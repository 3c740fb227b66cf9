-- ===== src/Oauth/Service.antt =====
-- internal/oauth/oauth.go: flows, callbacks and the tokens that they store.
use open_blog.Base.{
  ℕ, ◌+◌, not, ◌==◌, nat_eq, string_eq, text_eq_instance, if◌then◌else◌, Option, none, some, List,
  [], Text, String,
}
use open_blog.Store.Errors.{Error, Result, ok, err}
use open_blog.Store.Rows.{Db, OauthFlow, OauthToken}
use open_blog.Store.Tx.{scoped_rw}
use open_blog.Store.Oauth.{insert_oauth_flow, consume_oauth_flow, upsert_oauth_token}
use open_blog.Auth.Service.{AuthExternal, issue}
use open_blog.Oauth.Scopes.{merge_scopes, granted_scopes, google, github}
use open_blog.Oauth.External.{
  OauthExternal, Oauth, Claims, Token, seal, session_hash, code_challenge, is_allowed_redirect,
}
use open_blog.Oauth.Providers.{claims_of}
use open_blog.Oauth.Identities.{resolve_identity}

-- Fifteen minutes in nanoseconds.
abbrev pub flow_ttl : ℕ
flow_ttl = 900_000_000_000

-- What is new in a callback: the time, the id of a user, two nonces and the session's token.
pub record Fresh : Type 0 where
  pub now : ℕ
  pub user_id : ℕ
  pub access_nonce : Text
  pub refresh_nonce : Text
  pub session_token : Text

pub record CallbackResult : Type 0 where
  pub session_token : Text
  pub user_id : ℕ
  pub redirect : Text
  pub provider : String

-- The scopes of a provider that is configured: the two of `New`.
abbrev pub provider_scopes : Oauth → String → Option (List Text)
provider_scopes o name =
    if name == google
    then some o.google_scopes
    else if name == github
    then some o.github_scopes
    else none

abbrev pub scopes_or_none : Option (List Text) → List Text
scopes_or_none none = []
scopes_or_none (some ss) = ss

module _ (ext : OauthExternal) (auth_ext : AuthExternal) (o : Oauth) where
  open ext use {sha256, auth_code_url, exchange, sql_lower, collate}

  -- The row that `storeOAuthToken` writes: no refresh token is NULL.
  unfoldable pub token_row : (access_nonce refresh_nonce : Text) → ℕ → String → Token → OauthToken
  unfolding granted_scopes
  token_row access_nonce refresh_nonce user provider tok = record {
    user_id = user;
    provider = provider;
    refresh_token =
        if tok.refresh_token == [] then none else some (seal ext refresh_nonce tok.refresh_token);
    access_token = seal ext access_nonce tok.access_token;
    token_scopes = granted_scopes provider tok.scope (scopes_or_none (provider_scopes o provider));
    token_expiry = tok.expiry;
  }

  unfoldable pub store_oauth_token :
      (access_nonce refresh_nonce : Text) → ℕ → String → Token → Db → Result (Unit {0}) × Db
  unfolding token_row
  store_oauth_token access_nonce refresh_nonce user provider tok db =
      scoped_rw
        (upsert_oauth_token collate (token_row access_nonce refresh_nonce user provider tok)) db

  abbrev pub started : Text → Result (Unit {0}) × Db → Result Text × Db
  started url (ok _, db) = (ok url, db)
  started url (err e, db) = (err e, db)

  abbrev pub start_with :
      (now id : ℕ) (state verifier : Text)
      → String
      → (redirect session_token : Text) → (extra : List Text) → Option (List Text)
      → Db
      → Result Text × Db
  start_with now id state verifier provider redirect session_token extra none db =
      (err Error.unknown_provider, db)
  start_with now id state verifier provider redirect session_token extra (some scopes) db =
      if not (is_allowed_redirect ext o.allow redirect)
      then (err Error.disallowed_redirect, db)
      else started
          (auth_code_url provider (merge_scopes scopes extra) state (code_challenge ext verifier))
          (scoped_rw
            (insert_oauth_flow (record {
              id = id;
              provider = provider;
              state = sha256 state;
              code_verifier = verifier;
              redirect = redirect;
              session_token_hash = session_hash ext session_token;
              expires_at = now + flow_ttl;
            }))
            db)

  -- `Start`, with the time, the new id and the random state and verifier.
  unfoldable pub start :
      (now id : ℕ) (state verifier : Text)
      → String
      → (redirect session_token : Text) → (extra : List Text) → Db
      → Result Text × Db
  unfolding merge_scopes is_allowed_redirect session_hash code_challenge
  start now id state verifier provider redirect session_token extra db =
      start_with now id state verifier provider redirect session_token extra
        (provider_scopes o provider) db

  abbrev pub issued : OauthFlow → ℕ → Result Text × Db → Result CallbackResult × Db
  issued flow user (err e, db) = (err e, db)
  issued flow user (ok session, db) = (
    ok (record {
      session_token = session;
      user_id = user;
      redirect = flow.redirect;
      provider = flow.provider;
    }),
    db,
  )

  abbrev pub with_stored :
      Fresh → OauthFlow → ℕ → Result (Unit {0}) × Db → Result CallbackResult × Db
  with_stored fresh flow user (err e, db) = (err e, db)
  with_stored fresh flow user (ok _, db) =
      issued flow user (issue auth_ext fresh.now user o.ttl none fresh.session_token db)

  abbrev pub with_user : Fresh → OauthFlow → Token → Result ℕ × Db → Result CallbackResult × Db
  with_user fresh flow tok (err e, db) = (err e, db)
  with_user fresh flow tok (ok user, db) =
      with_stored fresh flow user
        (store_oauth_token fresh.access_nonce fresh.refresh_nonce user flow.provider tok db)

  abbrev pub with_claims :
      Fresh → OauthFlow → Token → Option Claims → Db → Result CallbackResult × Db
  with_claims fresh flow tok none db = (err Error.identity_claims, db)
  with_claims fresh flow tok (some c) db =
      with_user fresh flow tok
        (resolve_identity ext auth_ext o fresh.now fresh.user_id flow.provider c db)

  abbrev pub with_token : Fresh → OauthFlow → Option Token → Db → Result CallbackResult × Db
  with_token fresh flow none db = (err Error.exchange_failed, db)
  with_token fresh flow (some tok) db =
      with_claims fresh flow tok (claims_of ext flow.provider tok.access_token) db

  abbrev pub with_provider :
      Fresh → (code : Text) → OauthFlow → Option (List Text) → Db → Result CallbackResult × Db
  with_provider fresh code flow none db = (err Error.unknown_provider, db)
  with_provider fresh code flow (some _) db =
      if code == []
      then (err Error.provider_denied, db)
      else with_token fresh flow (exchange flow.provider code flow.code_verifier) db

  abbrev pub with_flow : Fresh → (code : Text) → Result OauthFlow × Db → Result CallbackResult × Db
  with_flow fresh code (err Error.no_rows, db) = (err Error.invalid_flow, db)
  with_flow fresh code (err e, db) = (err e, db)
  with_flow fresh code (ok flow, db) =
      with_provider fresh code flow (provider_scopes o flow.provider) db

  -- `Callback`.
  unfoldable pub callback :
      Fresh → (state code session_token : Text) → Db → Result CallbackResult × Db
  unfolding resolve_identity store_oauth_token session_hash
  callback fresh state code session_token db =
      with_flow fresh code (
        scoped_rw (consume_oauth_flow fresh.now (sha256 state) (session_hash ext session_token)) db)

________________________________________

PROBLEM TO WORK ON:
The whole block of entries above should be repeated exactly.

YOUR SOLUTION:
repository 3c740fb227b66cf9
-- ===== src/Oauth/Service.antt =====
-- internal/oauth/oauth.go: flows, callbacks and the tokens that they store.
use open_blog.Base.{
  ℕ, ◌+◌, not, ◌==◌, nat_eq, string_eq, text_eq_instance, if◌then◌else◌, Option, none, some, List,
  [], Text, String,
}
use open_blog.Store.Errors.{Error, Result, ok, err}
use open_blog.Store.Rows.{Db, OauthFlow, OauthToken}
use open_blog.Store.Tx.{scoped_rw}
use open_blog.Store.Oauth.{insert_oauth_flow, consume_oauth_flow, upsert_oauth_token}
use open_blog.Auth.Service.{AuthExternal, issue}
use open_blog.Oauth.Scopes.{merge_scopes, granted_scopes, google, github}
use open_blog.Oauth.External.{
  OauthExternal, Oauth, Claims, Token, seal, session_hash, code_challenge, is_allowed_redirect,
}
use open_blog.Oauth.Providers.{claims_of}
use open_blog.Oauth.Identities.{resolve_identity}

-- Fifteen minutes in nanoseconds.
abbrev pub flow_ttl : ℕ
flow_ttl = 900_000_000_000

-- What is new in a callback: the time, the id of a user, two nonces and the session's token.
pub record Fresh : Type 0 where
  pub now : ℕ
  pub user_id : ℕ
  pub access_nonce : Text
  pub refresh_nonce : Text
  pub session_token : Text

pub record CallbackResult : Type 0 where
  pub session_token : Text
  pub user_id : ℕ
  pub redirect : Text
  pub provider : String

-- The scopes of a provider that is configured: the two of `New`.
abbrev pub provider_scopes : Oauth → String → Option (List Text)
provider_scopes o name =
    if name == google
    then some o.google_scopes
    else if name == github
    then some o.github_scopes
    else none

abbrev pub scopes_or_none : Option (List Text) → List Text
scopes_or_none none = []
scopes_or_none (some ss) = ss

module _ (ext : OauthExternal) (auth_ext : AuthExternal) (o : Oauth) where
  open ext use {sha256, auth_code_url, exchange, sql_lower, collate}

  -- The row that `storeOAuthToken` writes: no refresh token is NULL.
  unfoldable pub token_row : (access_nonce refresh_nonce : Text) → ℕ → String → Token → OauthToken
  unfolding granted_scopes
  token_row access_nonce refresh_nonce user provider tok = record {
    user_id = user;
    provider = provider;
    refresh_token =
        if tok.refresh_token == [] then none else some (seal ext refresh_nonce tok.refresh_token);
    access_token = seal ext access_nonce tok.access_token;
    token_scopes = granted_scopes provider tok.scope (scopes_or_none (provider_scopes o provider));
    token_expiry = tok.expiry;
  }

  unfoldable pub store_oauth_token :
      (access_nonce refresh_nonce : Text) → ℕ → String → Token → Db → Result (Unit {0}) × Db
  unfolding token_row
  store_oauth_token access_nonce refresh_nonce user provider tok db =
      scoped_rw
        (upsert_oauth_token collate (token_row access_nonce refresh_nonce user provider tok)) db

  abbrev pub started : Text → Result (Unit {0}) × Db → Result Text × Db
  started url (ok _, db) = (ok url, db)
  started url (err e, db) = (err e, db)

  abbrev pub start_with :
      (now id : ℕ) (state verifier : Text)
      → String
      → (redirect session_token : Text) → (extra : List Text) → Option (List Text)
      → Db
      → Result Text × Db
  start_with now id state verifier provider redirect session_token extra none db =
      (err Error.unknown_provider, db)
  start_with now id state verifier provider redirect session_token extra (some scopes) db =
      if not (is_allowed_redirect ext o.allow redirect)
      then (err Error.disallowed_redirect, db)
      else started
          (auth_code_url provider (merge_scopes scopes extra) state (code_challenge ext verifier))
          (scoped_rw
            (insert_oauth_flow (record {
              id = id;
              provider = provider;
              state = sha256 state;
              code_verifier = verifier;
              redirect = redirect;
              session_token_hash = session_hash ext session_token;
              expires_at = now + flow_ttl;
            }))
            db)

  -- `Start`, with the time, the new id and the random state and verifier.
  unfoldable pub start :
      (now id : ℕ) (state verifier : Text)
      → String
      → (redirect session_token : Text) → (extra : List Text) → Db
      → Result Text × Db
  unfolding merge_scopes is_allowed_redirect session_hash code_challenge
  start now id state verifier provider redirect session_token extra db =
      start_with now id state verifier provider redirect session_token extra
        (provider_scopes o provider) db

  abbrev pub issued : OauthFlow → ℕ → Result Text × Db → Result CallbackResult × Db
  issued flow user (err e, db) = (err e, db)
  issued flow user (ok session, db) = (
    ok (record {
      session_token = session;
      user_id = user;
      redirect = flow.redirect;
      provider = flow.provider;
    }),
    db,
  )

  abbrev pub with_stored :
      Fresh → OauthFlow → ℕ → Result (Unit {0}) × Db → Result CallbackResult × Db
  with_stored fresh flow user (err e, db) = (err e, db)
  with_stored fresh flow user (ok _, db) =
      issued flow user (issue auth_ext fresh.now user o.ttl none fresh.session_token db)

  abbrev pub with_user : Fresh → OauthFlow → Token → Result ℕ × Db → Result CallbackResult × Db
  with_user fresh flow tok (err e, db) = (err e, db)
  with_user fresh flow tok (ok user, db) =
      with_stored fresh flow user
        (store_oauth_token fresh.access_nonce fresh.refresh_nonce user flow.provider tok db)

  abbrev pub with_claims :
      Fresh → OauthFlow → Token → Option Claims → Db → Result CallbackResult × Db
  with_claims fresh flow tok none db = (err Error.identity_claims, db)
  with_claims fresh flow tok (some c) db =
      with_user fresh flow tok
        (resolve_identity ext auth_ext o fresh.now fresh.user_id flow.provider c db)

  abbrev pub with_token : Fresh → OauthFlow → Option Token → Db → Result CallbackResult × Db
  with_token fresh flow none db = (err Error.exchange_failed, db)
  with_token fresh flow (some tok) db =
      with_claims fresh flow tok (claims_of ext flow.provider tok.access_token) db

  abbrev pub with_provider :
      Fresh → (code : Text) → OauthFlow → Option (List Text) → Db → Result CallbackResult × Db
  with_provider fresh code flow none db = (err Error.unknown_provider, db)
  with_provider fresh code flow (some _) db =
      if code == []
      then (err Error.provider_denied, db)
      else with_token fresh flow (exchange flow.provider code flow.code_verifier) db

  abbrev pub with_flow : Fresh → (code : Text) → Result OauthFlow × Db → Result CallbackResult × Db
  with_flow fresh code (err Error.no_rows, db) = (err Error.invalid_flow, db)
  with_flow fresh code (err e, db) = (err e, db)
  with_flow fresh code (ok flow, db) =
      with_provider fresh code flow (provider_scopes o flow.provider) db

  -- `Callback`.
  unfoldable pub callback :
      Fresh → (state code session_token : Text) → Db → Result CallbackResult × Db
  unfolding resolve_identity store_oauth_token session_hash
  callback fresh state code session_token db =
      with_flow fresh code (
        scoped_rw (consume_oauth_flow fresh.now (sha256 state) (session_hash ext session_token)) db)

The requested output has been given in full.